● **Activity**
The entries below contain a line with "(rank : OsdLabel" and a line with "find_parent_total rank zero". Retype exactly everything from the first down to the second, both included, and nothing else.

● **Records supplied**
>>>>
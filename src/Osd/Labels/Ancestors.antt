-- ===== src/Osd/Labels/Ancestors.antt =====
-- `findParent` and the nearest ancestor of a kind.
use mathlib.Core.Path.{subst}
use mathlib.Core.Option.{some-injective}
use ceph_exporter.Base.{
  ℕ, zero, suc, ◌<◌, String, ◌≡◌, sym, ◌∙◌, true, false, Option, none, some, arith, string_beq,
  lookup, int_eq, Option-cases, Bool-cases, inl, inr,
}
use ceph_exporter.Osd.Labels.{OsdLabel, NodeMap, find_parent}

-- A rank that falls from a node to each node below it: the tree has no cycle.
abbrev pub IsRanked : {W : Type 0} → NodeMap W → (OsdLabel W → ℕ) → Type 0
IsRanked {W} m rank = (l p : OsdLabel W) → lookup l.parent m ≡ some p → rank p < rank l

module _ {W : Type 0} (m : NodeMap W) (kind : String) where
  -- `a` is the nearest node above `l` that has the kind.
  pub data Nearest (a : OsdLabel W) : OsdLabel W → Type 0 where
    here :
        {l : OsdLabel W} → lookup l.parent m ≡ some a → string_beq a.type kind ≡ true → Nearest a l
    above :
        {l p : OsdLabel W}
        → lookup l.parent m ≡ some p
        → string_beq p.type kind ≡ false
        → Nearest a p
        → Nearest a l

  -- No node above `l` has the kind, and the climb ends at a node without parent.
  pub data Nowhere : OsdLabel W → Type 0 where
    top : {l : OsdLabel W} → lookup l.parent m ≡ none → Nowhere l
    higher :
        {l p : OsdLabel W}
        → lookup l.parent m ≡ some p
        → string_beq p.type kind ≡ false
        → Nowhere p
        → Nowhere l

  -- What a finished climb says.
  abbrev pub Tells : OsdLabel W → Option (OsdLabel W) → Type 0
  Tells l none = Nowhere l
  Tells l (some a) = Nearest a l

  Tells-above :
      (l p : OsdLabel W) (o : Option (OsdLabel W))
      → lookup l.parent m ≡ some p
      → string_beq p.type kind ≡ false
      → Tells p o
      → Tells l o
  Tells-above l p none e f t = higher e f t
  Tells-above l p (some a) e f t = above e f t

  module _ (fuel : ℕ) (l : OsdLabel W) where
    find_parent_top : lookup l.parent m ≡ none → find_parent (suc fuel) m l kind ≡ some none
    unfolding find_parent
    find_parent_top e = rw (e, find_parent)

    module _ (p : OsdLabel W) (e : lookup l.parent m ≡ some p) where
      find_parent_hit :
          string_beq p.type kind ≡ true → find_parent (suc fuel) m l kind ≡ some (some p)
      unfolding find_parent
      find_parent_hit t = rw (e, t, find_parent)

      find_parent_up :
          string_beq p.type kind ≡ false
          → find_parent (suc fuel) m l kind ≡ find_parent fuel m p kind
      unfolding find_parent
      find_parent_up f = rw (e, f, find_parent)

  pub find_parent-Tells :
      (fuel : ℕ) (l : OsdLabel W) (o : Option (OsdLabel W))
      → find_parent fuel m l kind ≡ some o
      → Tells l o
  unfolding find_parent
  find_parent-Tells zero l o h = absurd (cc)
  find_parent-Tells (suc fuel) l o h = elim (Option-cases (lookup l.parent m)) [
    | inl e ↦ subst (Tells l) (some-injective _ _ (sym (find_parent_top fuel l e) ∙ h)) (top e)
    | inr (p, e) ↦ elim (Bool-cases (string_beq p.type kind)) [
      | inl t ↦
          subst (Tells l) (some-injective _ _ (sym (find_parent_hit fuel l p e t) ∙ h)) (here e t)
      | inr f ↦
          Tells-above l p o e f (find_parent-Tells fuel p o (sym (find_parent_up fuel l p e f) ∙ h))
    ]
  ]

  -- The climb ends within any fuel above the rank.
  pub find_parent_total :
      (rank : OsdLabel W → ℕ) (fuel : ℕ) (l : OsdLabel W)
      → IsRanked m rank
      → rank l < fuel
      → (o : Option (OsdLabel W)) × (find_parent fuel m l kind ≡ some o)
  find_parent_total rank zero l h b = elim b [ ]
  find_parent_total rank (suc fuel) l h b = elim (Option-cases (lookup l.parent m)) [
    | inl e ↦ (none, find_parent_top fuel l e)
    | inr (p, e) ↦ elim (Bool-cases (string_beq p.type kind)) [
      | inl t ↦ (some p, find_parent_hit fuel l p e t)
      | inr f ↦
          let (o, q) = find_parent_total rank fuel p h (omega (arith, h l p e)) in
          (o, find_parent_up fuel l p e f ∙ q)
    ]
  ]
<<<<
● **Problem solution**
      (rank : OsdLabel W → ℕ) (fuel : ℕ) (l : OsdLabel W)
      → IsRanked m rank
      → rank l < fuel
      → (o : Option (OsdLabel W)) × (find_parent fuel m l kind ≡ some o)
  find_parent_total rank zero l h b = elim b [ ]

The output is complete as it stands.